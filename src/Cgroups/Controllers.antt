-- ===== src/Cgroups/Controllers.antt =====
-- `read_controllers` and `validate_controllers` of src/cgroups.rs.
use boxed.Prelude.{
  ◌≡◌, refl, Bool, true, false, not, ◌&&◌, List, [], ◌∷◌, ◌++◌, map, if◌then◌else◌, arith, ◌∙◌,
  ◌||◌, is_empty, All, ap, sym,
}
use boxed.Text.{Text, codes, contains}
use boxed.Text.Split.{join}
use boxed.Text.Words.{is_whitespace, split_whitespace, IsWord, split_whitespace-join}
use boxed.Error.{
  Result, ok, err, bail, message, controller_not_available, failed_to_read_controllers,
}
use boxed.Kernel.{Io, call, pure, within, ◌>>=◌, read_to_string}
use boxed.Cgroups.Config.{CgroupConfig, RequiredController, required_controllers, push_if, is_some}

unfoldable pub read_controllers : Text → Io (List Text)
read_controllers path = do
  content ← within (failed_to_read_controllers path) (call (read_to_string path))
  pure (split_whitespace content)

-- The loop that looks for each controller, and the line that enables them.
unfoldable pub check_available :
    List RequiredController → List RequiredController → List Text → Result Text
check_available all [] available =
    ok (join (codes " ") (map (λ (c : RequiredController). codes "+" ++ c.name) all))
check_available all (c ∷ required) available =
    let rest = check_available all required available in
    if not (contains available c.name)
    then bail (controller_not_available c.flag c.name available)
    else rest

unfoldable pub validate_controllers : List RequiredController → List Text → Result Text
unfolding check_available
validate_controllers required available = check_available required required available

abbrev pub plus : RequiredController → Text
plus c = b'+' ∷ c.name

abbrev pub IsAvailable : List Text → RequiredController → Type 0
IsAvailable available c = contains available c.name ≡ true

-- The outcome of the check of `required`: all are available, or one is the first that is not.
abbrev pub Checked :
    List RequiredController → List RequiredController → List Text → Result Text → Type 0
Checked all required available (ok line) =
    All (IsAvailable available) required × (line ≡ join (codes " ") (map plus all))
Checked all required available (err e) =
    (before : List RequiredController) × (c : RequiredController) × (rest : List RequiredController)
    × (required ≡ before ++ c ∷ rest)
    × All (IsAvailable available) before
    × (contains available c.name ≡ false)
    × (e ≡ message (controller_not_available c.flag c.name available))

check_step :
    (all : List RequiredController) (c : RequiredController) (required : List RequiredController)
    (available : List Text) (r : Result Text) (found : Bool)
    → contains available c.name ≡ found
    → Checked all required available r
    → Checked all
        (c ∷ required)
        available
        (if not found then bail (controller_not_available c.flag c.name available) else r)
check_step all c required available r false e h = ([], c, required, refl, tt, e, refl)
check_step all c required available (ok line) true e (h, same) = ((e, h), same)
check_step all c required available (err x) true e (before, d, rest, split, h, missing, same) =
    (c ∷ before, d, rest, ap (λ l. c ∷ l) split, (e, h), missing, same)

check_available-Checked :
    (all required : List RequiredController) (available : List Text)
    → Checked all required available (check_available all required available)
unfolding check_available
check_available-Checked all [] available = (tt, refl)
check_available-Checked all (c ∷ required) available =
    check_step all c required available _ _ refl (check_available-Checked all required available)

-- The check passes exactly if every required controller is available, and then returns the line
-- that enables all of them; otherwise its error names the first that is not available, its flag,
-- and what is available.
pub validate_controllers-Checked :
    (required : List RequiredController) (available : List Text)
    → Checked required required available (validate_controllers required available)
unfolding validate_controllers
validate_controllers-Checked required available =
    check_available-Checked required required available

-- No text twice.
unfoldable pub distinct : List Text → Bool
distinct [] = true
distinct (t ∷ ts) = not (contains ts t) && distinct ts

letters : Text → Bool
letters [] = true
letters (c ∷ w) = not (is_whitespace c) && letters w

all_words : List Text → Bool
all_words [] = true
all_words (w ∷ ws) = not (is_empty w) && letters w && all_words ws

letters-All : (w : Text) → letters w ≡ true → All (λ c. is_whitespace c ≡ false) w
unfolding letters
letters-All [] h = tt
letters-All (c ∷ w) h = (ground arith, letters-All w (ground arith))

all_words-IsWord : (ws : List Text) → all_words ws ≡ true → All IsWord ws
unfolding all_words
all_words-IsWord [] h = tt
all_words-IsWord (w ∷ ws) h =
    ((ground arith, letters-All w (ground arith)), all_words-IsWord ws (ground arith))

-- A claim about every Boolean, checked.
for_all : (Bool → Bool) → Bool
for_all f = f true && f false

for_all_sound : (f : Bool → Bool) → for_all f ≡ true → (b : Bool) → f b ≡ true
unfolding for_all
for_all_sound f h true = ground arith
for_all_sound f h false = ground arith

-- The controllers of the flags are distinct, and with their pluses they are words.
lawful : Bool → Bool → Bool → Bool → Bool → Bool
lawful io cpuset pids memory cpu =
    let required = push_if io (codes "io") (codes "--io-max") (
      push_if cpuset (codes "cpuset") (codes "--cpuset-cpus/--cpuset-mems") (
        push_if pids (codes "pids") (codes "--pids-limit") (
          push_if memory (codes "memory") (codes "--memory")
            (push_if cpu (codes "cpu") (codes "--cpu") [])))) in
    distinct (map (λ (c : RequiredController). c.name) required) && all_words (map plus required)

lawful_table :
    for_all (λ io. for_all (λ cpuset.
      for_all (λ pids. for_all (λ memory. for_all (λ cpu. lawful io cpuset pids memory cpu)))))
    ≡ true
unfolding for_all lawful distinct all_words letters is_whitespace contains
lawful_table = refl

and-eq-true : (a b : Bool) → (a && b) ≡ true → (a ≡ true) × (b ≡ true)
and-eq-true a b h = ground arith

lawful_lem : (io cpuset pids memory cpu : Bool) → lawful io cpuset pids memory cpu ≡ true
lawful_lem io cpuset pids memory = for_all_sound _ (
    for_all_sound _
      (for_all_sound _ (for_all_sound _ (for_all_sound _ lawful_table io) cpuset) pids) memory)

pub required_controllers-distinct :
    (config : CgroupConfig)
    → distinct (map (λ (c : RequiredController). c.name) (required_controllers config)) ≡ true
unfolding required_controllers lawful
required_controllers-distinct config =
    (and-eq-true _ _ (
      lawful_lem (not (is_empty config.io_max))
        (is_some config.cpuset_cpus || is_some config.cpuset_mems) (is_some config.pids_limit)
        (is_some config.memory_max) (is_some config.cpu_quota))).0

required_controllers-IsWord :
    (config : CgroupConfig) → All IsWord (map plus (required_controllers config))
unfolding required_controllers lawful
required_controllers-IsWord config =
    all_words-IsWord _
      (and-eq-true _ _ (
        lawful_lem (not (is_empty config.io_max))
          (is_some config.cpuset_cpus || is_some config.cpuset_mems) (is_some config.pids_limit)
          (is_some config.memory_max) (is_some config.cpu_quota))).1

-- The controllers of cgroups v2 that a configuration is in need of, one for each kind of limit.
abbrev pub needed : CgroupConfig → List Text
needed config =
    (if is_some config.cpu_quota then codes "cpu" ∷ [] else [])
    ++ (if is_some config.memory_max then codes "memory" ∷ [] else [])
    ++ (if is_some config.pids_limit then codes "pids" ∷ [] else [])
    ++ (if is_some config.cpuset_cpus || is_some config.cpuset_mems
        then codes "cpuset" ∷ []
        else [])
    ++ (if is_empty config.io_max then [] else codes "io" ∷ [])

names_lem :
    (cpu memory pids cpuset no_io : Bool)
    → map
        (λ (c : RequiredController). c.name)
        (push_if (not no_io) (codes "io") (codes "--io-max") (
          push_if cpuset (codes "cpuset") (codes "--cpuset-cpus/--cpuset-mems") (
            push_if pids (codes "pids") (codes "--pids-limit") (
              push_if memory
                (codes "memory")
                (codes "--memory")
                (push_if cpu (codes "cpu") (codes "--cpu") [])))))
      ≡ (if cpu then codes "cpu" ∷ [] else [])
        ++ (if memory then codes "memory" ∷ [] else [])
        ++ (if pids then codes "pids" ∷ [] else [])
        ++ (if cpuset then codes "cpuset" ∷ [] else [])
        ++ (if no_io then [] else codes "io" ∷ [])
names_lem cpu memory pids cpuset no_io = ground arith

required_controllers-needed :
    (config : CgroupConfig)
    → map (λ (c : RequiredController). c.name) (required_controllers config) ≡ needed config
unfolding required_controllers
required_controllers-needed config =
    names_lem (is_some config.cpu_quota) (is_some config.memory_max) (is_some config.pids_limit)
      (is_some config.cpuset_cpus || is_some config.cpuset_mems) (is_empty config.io_max)

plus-names :
    (cs : List RequiredController)
    → map plus cs ≡ map (λ (n : Text). b'+' ∷ n) (map (λ (c : RequiredController). c.name) cs)
plus-names [] = refl
plus-names (c ∷ cs) = ap (λ l. plus c ∷ l) (plus-names cs)

names-All :
    (available : List Text) (cs : List RequiredController)
    → All (IsAvailable available) cs
    → All (λ n. contains available n ≡ true) (map (λ (c : RequiredController). c.name) cs)
names-All available [] h = tt
names-All available (c ∷ cs) (p, h) = (p, names-All available cs h)

-- The line that a configuration writes to cgroup.subtree_control enables cpu for a quota, memory
-- for a memory limit, pids for a limit of processes, cpuset for one or both kinds of cpuset, and io
-- for values of io.max, in this order and no other. No word is there twice, and each of these
-- controllers is in the list of those available.
pub validate_controllers-words :
    (config : CgroupConfig) (available : List Text) {line : Text}
    → validate_controllers (required_controllers config) available ≡ ok line
    → (split_whitespace line ≡ map (λ (n : Text). b'+' ∷ n) (needed config))
      × (distinct (needed config) ≡ true)
      × All (λ n. contains available n ≡ true) (needed config)
validate_controllers-words config available h =
    let required = required_controllers config in
    let names = required_controllers-needed config in
    let (present, same) = rw h at (validate_controllers-Checked required available) in
    (
      ap split_whitespace same
          ∙ split_whitespace-join _ (required_controllers-IsWord config)
          ∙ plus-names required
          ∙ ap (map (λ (n : Text). b'+' ∷ n)) names,
      ap distinct (sym names) ∙ required_controllers-distinct config,
      rw names at (names-All available required present),
    )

-------

Filter the listing by the string "IsAvailable"; copy each matching line.

abbrev pub IsAvailable : List Text → RequiredController → Type 0
IsAvailable available c = contains available c.name ≡ true
    All (IsAvailable available) required × (line ≡ join (codes " ") (map plus all))
    × All (IsAvailable available) before
    → All (IsAvailable available) cs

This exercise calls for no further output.